======== DATASET CONTENT ========

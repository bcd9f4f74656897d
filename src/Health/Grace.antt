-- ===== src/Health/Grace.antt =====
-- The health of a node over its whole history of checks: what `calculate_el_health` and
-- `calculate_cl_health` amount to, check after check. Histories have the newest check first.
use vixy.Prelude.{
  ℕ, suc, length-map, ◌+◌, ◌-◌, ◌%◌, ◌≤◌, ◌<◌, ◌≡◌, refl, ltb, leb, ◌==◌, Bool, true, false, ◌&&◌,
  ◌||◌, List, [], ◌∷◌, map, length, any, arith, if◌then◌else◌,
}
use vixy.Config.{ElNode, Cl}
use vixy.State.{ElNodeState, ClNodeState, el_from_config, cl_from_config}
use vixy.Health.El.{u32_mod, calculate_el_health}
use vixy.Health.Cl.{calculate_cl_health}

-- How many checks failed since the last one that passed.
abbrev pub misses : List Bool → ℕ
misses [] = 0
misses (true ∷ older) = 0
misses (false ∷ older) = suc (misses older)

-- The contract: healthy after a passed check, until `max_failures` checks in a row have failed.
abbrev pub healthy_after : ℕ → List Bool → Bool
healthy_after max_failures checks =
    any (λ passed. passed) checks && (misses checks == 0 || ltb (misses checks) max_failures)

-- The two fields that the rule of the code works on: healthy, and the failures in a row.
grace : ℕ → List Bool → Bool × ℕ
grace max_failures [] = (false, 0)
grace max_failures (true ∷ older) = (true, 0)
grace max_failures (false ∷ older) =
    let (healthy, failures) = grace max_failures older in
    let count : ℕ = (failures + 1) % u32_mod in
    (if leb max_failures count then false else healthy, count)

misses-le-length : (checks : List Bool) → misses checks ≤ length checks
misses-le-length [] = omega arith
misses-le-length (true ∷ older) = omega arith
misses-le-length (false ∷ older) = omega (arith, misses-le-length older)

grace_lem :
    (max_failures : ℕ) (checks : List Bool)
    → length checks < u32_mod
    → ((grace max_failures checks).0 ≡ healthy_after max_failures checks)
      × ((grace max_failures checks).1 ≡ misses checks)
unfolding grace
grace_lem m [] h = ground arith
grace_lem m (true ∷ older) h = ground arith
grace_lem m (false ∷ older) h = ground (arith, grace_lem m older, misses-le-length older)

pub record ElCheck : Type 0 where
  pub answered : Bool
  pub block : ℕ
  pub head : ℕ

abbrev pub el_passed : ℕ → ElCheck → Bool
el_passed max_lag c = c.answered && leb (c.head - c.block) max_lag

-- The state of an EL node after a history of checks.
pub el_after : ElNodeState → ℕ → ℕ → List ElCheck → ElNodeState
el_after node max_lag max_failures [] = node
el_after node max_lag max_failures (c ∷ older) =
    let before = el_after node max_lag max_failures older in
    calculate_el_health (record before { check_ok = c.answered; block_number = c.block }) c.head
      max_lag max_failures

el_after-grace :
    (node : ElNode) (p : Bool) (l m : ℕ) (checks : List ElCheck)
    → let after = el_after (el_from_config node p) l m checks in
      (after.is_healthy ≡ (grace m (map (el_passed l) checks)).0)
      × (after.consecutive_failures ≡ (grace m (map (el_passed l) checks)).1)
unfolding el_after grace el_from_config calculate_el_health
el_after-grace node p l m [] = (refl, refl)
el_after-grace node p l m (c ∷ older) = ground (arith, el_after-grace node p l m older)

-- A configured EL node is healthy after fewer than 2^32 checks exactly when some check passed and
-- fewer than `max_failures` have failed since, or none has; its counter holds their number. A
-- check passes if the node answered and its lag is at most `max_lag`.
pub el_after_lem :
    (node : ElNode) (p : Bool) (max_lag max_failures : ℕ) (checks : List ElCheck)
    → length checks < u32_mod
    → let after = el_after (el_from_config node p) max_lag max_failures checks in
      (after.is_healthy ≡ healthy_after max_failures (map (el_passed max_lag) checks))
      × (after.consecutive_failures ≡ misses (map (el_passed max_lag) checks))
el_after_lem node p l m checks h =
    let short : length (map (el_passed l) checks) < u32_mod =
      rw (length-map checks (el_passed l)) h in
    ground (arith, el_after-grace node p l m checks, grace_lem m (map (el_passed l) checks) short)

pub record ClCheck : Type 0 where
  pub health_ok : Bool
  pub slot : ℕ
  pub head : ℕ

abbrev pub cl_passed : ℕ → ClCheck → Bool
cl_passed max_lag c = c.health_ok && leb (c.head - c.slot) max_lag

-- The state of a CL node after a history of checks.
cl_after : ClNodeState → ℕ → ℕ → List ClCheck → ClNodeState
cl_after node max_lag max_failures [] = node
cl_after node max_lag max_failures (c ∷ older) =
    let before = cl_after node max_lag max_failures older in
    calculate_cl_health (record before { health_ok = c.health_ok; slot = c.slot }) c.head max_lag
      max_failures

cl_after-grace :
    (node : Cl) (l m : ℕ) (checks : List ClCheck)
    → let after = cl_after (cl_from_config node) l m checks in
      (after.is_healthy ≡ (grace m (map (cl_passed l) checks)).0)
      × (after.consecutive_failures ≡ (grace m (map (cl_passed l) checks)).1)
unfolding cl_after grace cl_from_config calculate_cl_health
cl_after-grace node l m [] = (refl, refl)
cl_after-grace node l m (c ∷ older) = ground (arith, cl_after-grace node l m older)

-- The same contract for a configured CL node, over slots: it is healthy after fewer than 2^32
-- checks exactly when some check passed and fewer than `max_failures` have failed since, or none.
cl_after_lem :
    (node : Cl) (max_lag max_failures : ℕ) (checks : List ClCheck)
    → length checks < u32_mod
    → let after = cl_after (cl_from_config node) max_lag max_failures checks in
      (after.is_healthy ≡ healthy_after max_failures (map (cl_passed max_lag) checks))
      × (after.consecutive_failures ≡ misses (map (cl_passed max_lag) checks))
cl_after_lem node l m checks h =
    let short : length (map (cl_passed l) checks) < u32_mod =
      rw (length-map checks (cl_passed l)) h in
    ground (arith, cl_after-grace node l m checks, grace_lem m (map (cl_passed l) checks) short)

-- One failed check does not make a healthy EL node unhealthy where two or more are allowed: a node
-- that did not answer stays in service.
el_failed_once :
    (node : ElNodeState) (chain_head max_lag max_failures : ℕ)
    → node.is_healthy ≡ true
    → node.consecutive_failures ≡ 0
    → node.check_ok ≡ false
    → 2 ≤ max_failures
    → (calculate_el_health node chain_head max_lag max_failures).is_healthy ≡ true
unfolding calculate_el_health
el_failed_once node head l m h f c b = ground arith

========

WHAT THE EXERCISE ASKS:
Repeat exactly, please, each line from the beginning of the data through the line with "let (healthy, failures)" in it, and only those lines.

TASK RESPONSE:
repository bcd9f4f74656897d
filename src/Health/Grace.antt
-- ===== src/Health/Grace.antt =====
-- The health of a node over its whole history of checks: what `calculate_el_health` and
-- `calculate_cl_health` amount to, check after check. Histories have the newest check first.
use vixy.Prelude.{
  ℕ, suc, length-map, ◌+◌, ◌-◌, ◌%◌, ◌≤◌, ◌<◌, ◌≡◌, refl, ltb, leb, ◌==◌, Bool, true, false, ◌&&◌,
  ◌||◌, List, [], ◌∷◌, map, length, any, arith, if◌then◌else◌,
}
use vixy.Config.{ElNode, Cl}
use vixy.State.{ElNodeState, ClNodeState, el_from_config, cl_from_config}
use vixy.Health.El.{u32_mod, calculate_el_health}
use vixy.Health.Cl.{calculate_cl_health}

-- How many checks failed since the last one that passed.
abbrev pub misses : List Bool → ℕ
misses [] = 0
misses (true ∷ older) = 0
misses (false ∷ older) = suc (misses older)

-- The contract: healthy after a passed check, until `max_failures` checks in a row have failed.
abbrev pub healthy_after : ℕ → List Bool → Bool
healthy_after max_failures checks =
    any (λ passed. passed) checks && (misses checks == 0 || ltb (misses checks) max_failures)

-- The two fields that the rule of the code works on: healthy, and the failures in a row.
grace : ℕ → List Bool → Bool × ℕ
grace max_failures [] = (false, 0)
grace max_failures (true ∷ older) = (true, 0)
grace max_failures (false ∷ older) =
    let (healthy, failures) = grace max_failures older in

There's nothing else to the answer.